→ **What you should do**
Print the lines in the listing below that fall between the line with "find-append_some p (x" and the line with "find-append_none p []", those two lines included, exactly as they stand and with nothing else.

→ **Supplied records**
=== Section Start ===

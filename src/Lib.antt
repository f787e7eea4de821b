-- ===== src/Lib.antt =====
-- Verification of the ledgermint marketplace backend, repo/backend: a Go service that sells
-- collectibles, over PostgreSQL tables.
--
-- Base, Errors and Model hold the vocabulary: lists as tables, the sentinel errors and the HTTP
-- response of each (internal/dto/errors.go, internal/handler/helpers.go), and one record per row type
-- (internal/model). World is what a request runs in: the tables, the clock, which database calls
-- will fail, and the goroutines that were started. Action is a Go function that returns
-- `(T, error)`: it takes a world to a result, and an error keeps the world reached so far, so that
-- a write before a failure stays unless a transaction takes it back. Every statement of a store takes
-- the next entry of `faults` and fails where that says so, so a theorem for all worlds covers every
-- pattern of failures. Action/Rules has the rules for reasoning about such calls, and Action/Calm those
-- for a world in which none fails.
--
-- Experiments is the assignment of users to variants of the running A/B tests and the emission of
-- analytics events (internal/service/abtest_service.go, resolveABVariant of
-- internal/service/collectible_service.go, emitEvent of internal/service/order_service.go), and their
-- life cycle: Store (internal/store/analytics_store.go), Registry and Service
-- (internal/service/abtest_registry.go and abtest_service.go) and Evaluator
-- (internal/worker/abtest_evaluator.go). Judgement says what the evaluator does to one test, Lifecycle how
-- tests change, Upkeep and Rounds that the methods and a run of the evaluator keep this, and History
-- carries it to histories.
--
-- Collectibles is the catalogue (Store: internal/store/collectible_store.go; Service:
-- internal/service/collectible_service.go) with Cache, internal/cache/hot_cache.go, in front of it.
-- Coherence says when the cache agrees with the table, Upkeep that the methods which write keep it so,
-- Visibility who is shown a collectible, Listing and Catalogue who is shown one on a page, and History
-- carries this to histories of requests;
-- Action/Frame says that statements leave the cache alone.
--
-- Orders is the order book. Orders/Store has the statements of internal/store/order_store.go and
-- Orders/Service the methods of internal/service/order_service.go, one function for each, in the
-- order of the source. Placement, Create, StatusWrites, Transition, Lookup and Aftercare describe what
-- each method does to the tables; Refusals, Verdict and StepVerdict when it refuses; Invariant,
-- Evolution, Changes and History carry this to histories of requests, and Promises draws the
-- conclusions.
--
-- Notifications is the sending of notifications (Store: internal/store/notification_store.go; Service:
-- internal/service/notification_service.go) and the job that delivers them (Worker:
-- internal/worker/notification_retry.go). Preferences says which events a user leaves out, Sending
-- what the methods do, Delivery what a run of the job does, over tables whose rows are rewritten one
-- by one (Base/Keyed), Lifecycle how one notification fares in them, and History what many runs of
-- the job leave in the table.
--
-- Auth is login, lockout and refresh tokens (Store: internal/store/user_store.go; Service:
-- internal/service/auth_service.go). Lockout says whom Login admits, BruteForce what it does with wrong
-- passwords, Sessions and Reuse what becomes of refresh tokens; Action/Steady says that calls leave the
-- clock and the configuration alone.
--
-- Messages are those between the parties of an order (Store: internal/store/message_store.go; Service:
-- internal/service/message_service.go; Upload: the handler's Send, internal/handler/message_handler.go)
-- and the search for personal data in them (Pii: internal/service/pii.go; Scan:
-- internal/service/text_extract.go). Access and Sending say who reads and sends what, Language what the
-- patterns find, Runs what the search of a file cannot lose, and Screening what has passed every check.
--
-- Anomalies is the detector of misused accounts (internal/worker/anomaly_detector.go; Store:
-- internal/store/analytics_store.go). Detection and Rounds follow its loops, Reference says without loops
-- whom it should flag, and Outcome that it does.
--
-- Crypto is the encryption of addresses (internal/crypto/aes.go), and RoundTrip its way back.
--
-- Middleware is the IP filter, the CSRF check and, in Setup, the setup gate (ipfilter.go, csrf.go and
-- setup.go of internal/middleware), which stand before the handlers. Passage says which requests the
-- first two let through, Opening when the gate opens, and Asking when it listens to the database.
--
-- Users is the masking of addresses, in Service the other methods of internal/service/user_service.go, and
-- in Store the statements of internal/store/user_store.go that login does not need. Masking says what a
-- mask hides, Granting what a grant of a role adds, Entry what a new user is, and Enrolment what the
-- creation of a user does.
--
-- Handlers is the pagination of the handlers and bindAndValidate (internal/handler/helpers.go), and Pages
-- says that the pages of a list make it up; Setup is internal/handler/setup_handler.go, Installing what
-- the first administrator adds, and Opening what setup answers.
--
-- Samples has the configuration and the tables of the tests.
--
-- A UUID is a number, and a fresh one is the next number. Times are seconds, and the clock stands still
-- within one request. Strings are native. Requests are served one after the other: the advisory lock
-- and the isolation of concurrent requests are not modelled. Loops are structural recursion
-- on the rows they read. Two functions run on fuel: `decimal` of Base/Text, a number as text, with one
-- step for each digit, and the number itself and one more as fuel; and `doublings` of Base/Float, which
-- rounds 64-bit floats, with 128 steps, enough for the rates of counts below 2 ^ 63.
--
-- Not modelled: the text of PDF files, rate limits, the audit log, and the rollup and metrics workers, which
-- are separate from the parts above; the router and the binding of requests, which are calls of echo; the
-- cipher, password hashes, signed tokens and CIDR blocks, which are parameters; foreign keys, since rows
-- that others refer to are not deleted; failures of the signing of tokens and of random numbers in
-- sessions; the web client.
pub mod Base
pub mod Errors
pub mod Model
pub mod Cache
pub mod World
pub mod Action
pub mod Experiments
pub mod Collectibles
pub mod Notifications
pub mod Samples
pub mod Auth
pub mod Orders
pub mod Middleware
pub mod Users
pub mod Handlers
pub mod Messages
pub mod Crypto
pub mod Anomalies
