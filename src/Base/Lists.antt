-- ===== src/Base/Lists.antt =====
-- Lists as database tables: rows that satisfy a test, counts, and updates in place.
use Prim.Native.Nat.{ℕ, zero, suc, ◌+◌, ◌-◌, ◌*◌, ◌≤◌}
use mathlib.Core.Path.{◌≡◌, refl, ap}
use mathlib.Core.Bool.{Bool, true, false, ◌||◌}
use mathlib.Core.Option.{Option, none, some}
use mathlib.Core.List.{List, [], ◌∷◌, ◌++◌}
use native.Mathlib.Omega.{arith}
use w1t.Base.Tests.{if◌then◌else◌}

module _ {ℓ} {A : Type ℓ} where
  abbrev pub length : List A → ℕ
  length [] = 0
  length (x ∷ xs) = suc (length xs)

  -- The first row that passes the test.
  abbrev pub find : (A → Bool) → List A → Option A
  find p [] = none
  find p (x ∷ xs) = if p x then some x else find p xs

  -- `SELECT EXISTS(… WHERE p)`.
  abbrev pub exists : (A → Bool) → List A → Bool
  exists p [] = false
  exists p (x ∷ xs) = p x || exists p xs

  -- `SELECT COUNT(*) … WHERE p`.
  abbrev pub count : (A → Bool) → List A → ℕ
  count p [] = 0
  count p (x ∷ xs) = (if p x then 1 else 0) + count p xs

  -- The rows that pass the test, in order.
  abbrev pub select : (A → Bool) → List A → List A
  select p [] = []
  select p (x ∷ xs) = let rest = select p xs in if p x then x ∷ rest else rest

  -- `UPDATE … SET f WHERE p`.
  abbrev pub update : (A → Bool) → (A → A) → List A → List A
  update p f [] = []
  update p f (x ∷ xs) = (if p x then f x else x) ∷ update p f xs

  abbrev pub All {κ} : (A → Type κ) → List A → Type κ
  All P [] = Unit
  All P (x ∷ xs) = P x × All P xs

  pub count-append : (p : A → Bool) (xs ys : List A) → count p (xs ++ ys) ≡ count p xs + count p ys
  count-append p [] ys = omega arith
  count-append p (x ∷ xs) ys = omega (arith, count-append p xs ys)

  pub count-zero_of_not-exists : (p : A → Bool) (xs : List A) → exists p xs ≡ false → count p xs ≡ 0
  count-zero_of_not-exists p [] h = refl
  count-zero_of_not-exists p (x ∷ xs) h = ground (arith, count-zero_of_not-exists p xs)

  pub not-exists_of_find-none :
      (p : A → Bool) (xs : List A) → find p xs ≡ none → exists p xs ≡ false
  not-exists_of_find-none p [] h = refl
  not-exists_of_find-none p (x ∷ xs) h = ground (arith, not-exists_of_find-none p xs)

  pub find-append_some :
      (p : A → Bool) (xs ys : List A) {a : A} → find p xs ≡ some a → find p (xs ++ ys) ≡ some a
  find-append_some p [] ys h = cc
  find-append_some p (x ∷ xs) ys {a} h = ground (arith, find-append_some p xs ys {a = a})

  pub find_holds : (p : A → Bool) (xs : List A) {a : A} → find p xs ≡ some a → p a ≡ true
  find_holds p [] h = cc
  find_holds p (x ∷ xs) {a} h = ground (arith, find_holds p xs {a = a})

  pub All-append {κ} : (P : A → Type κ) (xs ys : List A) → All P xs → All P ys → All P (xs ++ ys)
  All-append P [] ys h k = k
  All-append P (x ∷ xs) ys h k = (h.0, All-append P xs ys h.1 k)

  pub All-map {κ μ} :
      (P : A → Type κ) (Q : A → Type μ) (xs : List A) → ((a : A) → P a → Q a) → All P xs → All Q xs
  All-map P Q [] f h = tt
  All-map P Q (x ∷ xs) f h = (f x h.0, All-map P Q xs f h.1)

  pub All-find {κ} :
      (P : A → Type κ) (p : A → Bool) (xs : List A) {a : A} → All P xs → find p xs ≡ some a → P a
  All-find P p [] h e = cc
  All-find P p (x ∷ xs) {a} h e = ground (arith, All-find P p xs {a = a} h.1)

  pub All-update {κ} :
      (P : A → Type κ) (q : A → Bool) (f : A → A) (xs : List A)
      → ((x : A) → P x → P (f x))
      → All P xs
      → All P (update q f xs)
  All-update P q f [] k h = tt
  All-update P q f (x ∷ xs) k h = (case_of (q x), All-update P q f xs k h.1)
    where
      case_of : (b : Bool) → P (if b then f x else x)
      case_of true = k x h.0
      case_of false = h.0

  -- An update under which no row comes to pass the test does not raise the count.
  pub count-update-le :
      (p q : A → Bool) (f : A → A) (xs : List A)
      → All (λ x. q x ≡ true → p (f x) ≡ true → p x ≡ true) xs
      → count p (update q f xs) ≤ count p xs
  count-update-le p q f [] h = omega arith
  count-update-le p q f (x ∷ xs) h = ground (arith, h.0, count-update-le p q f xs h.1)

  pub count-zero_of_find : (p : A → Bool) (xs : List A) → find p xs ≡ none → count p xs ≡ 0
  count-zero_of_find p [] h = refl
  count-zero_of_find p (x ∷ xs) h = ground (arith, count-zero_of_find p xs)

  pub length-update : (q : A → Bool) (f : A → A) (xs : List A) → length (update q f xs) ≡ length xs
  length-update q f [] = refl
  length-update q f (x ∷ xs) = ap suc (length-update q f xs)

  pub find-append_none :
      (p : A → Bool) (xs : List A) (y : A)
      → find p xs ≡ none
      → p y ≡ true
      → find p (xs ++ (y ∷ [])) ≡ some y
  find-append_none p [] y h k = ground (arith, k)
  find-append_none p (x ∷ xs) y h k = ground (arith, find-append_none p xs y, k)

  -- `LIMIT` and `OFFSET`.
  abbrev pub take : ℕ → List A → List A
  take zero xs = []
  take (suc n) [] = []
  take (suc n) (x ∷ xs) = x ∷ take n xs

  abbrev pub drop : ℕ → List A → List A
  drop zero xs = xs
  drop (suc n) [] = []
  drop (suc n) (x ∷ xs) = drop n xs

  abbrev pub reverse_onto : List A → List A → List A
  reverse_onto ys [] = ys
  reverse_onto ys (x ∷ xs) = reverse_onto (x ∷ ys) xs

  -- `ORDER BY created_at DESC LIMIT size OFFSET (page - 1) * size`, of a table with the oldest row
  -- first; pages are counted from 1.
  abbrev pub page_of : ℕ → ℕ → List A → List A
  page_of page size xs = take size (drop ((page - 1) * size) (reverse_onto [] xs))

=== Section End ===

→ **Finished task**
  find-append_some p (x ∷ xs) ys {a} h = ground (arith, find-append_some p xs ys {a = a})

  pub find_holds : (p : A → Bool) (xs : List A) {a : A} → find p xs ≡ some a → p a ≡ true
  find_holds p [] h = cc
  find_holds p (x ∷ xs) {a} h = ground (arith, find_holds p xs {a = a})

  pub All-append {κ} : (P : A → Type κ) (xs ys : List A) → All P xs → All P ys → All P (xs ++ ys)
  All-append P [] ys h k = k
  All-append P (x ∷ xs) ys h k = (h.0, All-append P xs ys h.1 k)

  pub All-map {κ μ} :
      (P : A → Type κ) (Q : A → Type μ) (xs : List A) → ((a : A) → P a → Q a) → All P xs → All Q xs
  All-map P Q [] f h = tt
  All-map P Q (x ∷ xs) f h = (f x h.0, All-map P Q xs f h.1)

  pub All-find {κ} :
      (P : A → Type κ) (p : A → Bool) (xs : List A) {a : A} → All P xs → find p xs ≡ some a → P a
  All-find P p [] h e = cc
  All-find P p (x ∷ xs) {a} h e = ground (arith, All-find P p xs {a = a} h.1)

  pub All-update {κ} :
      (P : A → Type κ) (q : A → Bool) (f : A → A) (xs : List A)
      → ((x : A) → P x → P (f x))
      → All P xs
      → All P (update q f xs)
  All-update P q f [] k h = tt
  All-update P q f (x ∷ xs) k h = (case_of (q x), All-update P q f xs k h.1)
    where
      case_of : (b : Bool) → P (if b then f x else x)
      case_of true = k x h.0
      case_of false = h.0

  -- An update under which no row comes to pass the test does not raise the count.
  pub count-update-le :
      (p q : A → Bool) (f : A → A) (xs : List A)
      → All (λ x. q x ≡ true → p (f x) ≡ true → p x ≡ true) xs
      → count p (update q f xs) ≤ count p xs
  count-update-le p q f [] h = omega arith
  count-update-le p q f (x ∷ xs) h = ground (arith, h.0, count-update-le p q f xs h.1)

  pub count-zero_of_find : (p : A → Bool) (xs : List A) → find p xs ≡ none → count p xs ≡ 0
  count-zero_of_find p [] h = refl
  count-zero_of_find p (x ∷ xs) h = ground (arith, count-zero_of_find p xs)

  pub length-update : (q : A → Bool) (f : A → A) (xs : List A) → length (update q f xs) ≡ length xs
  length-update q f [] = refl
  length-update q f (x ∷ xs) = ap suc (length-update q f xs)

  pub find-append_none :
      (p : A → Bool) (xs : List A) (y : A)
      → find p xs ≡ none
      → p y ≡ true
      → find p (xs ++ (y ∷ [])) ≡ some y
  find-append_none p [] y h k = ground (arith, k)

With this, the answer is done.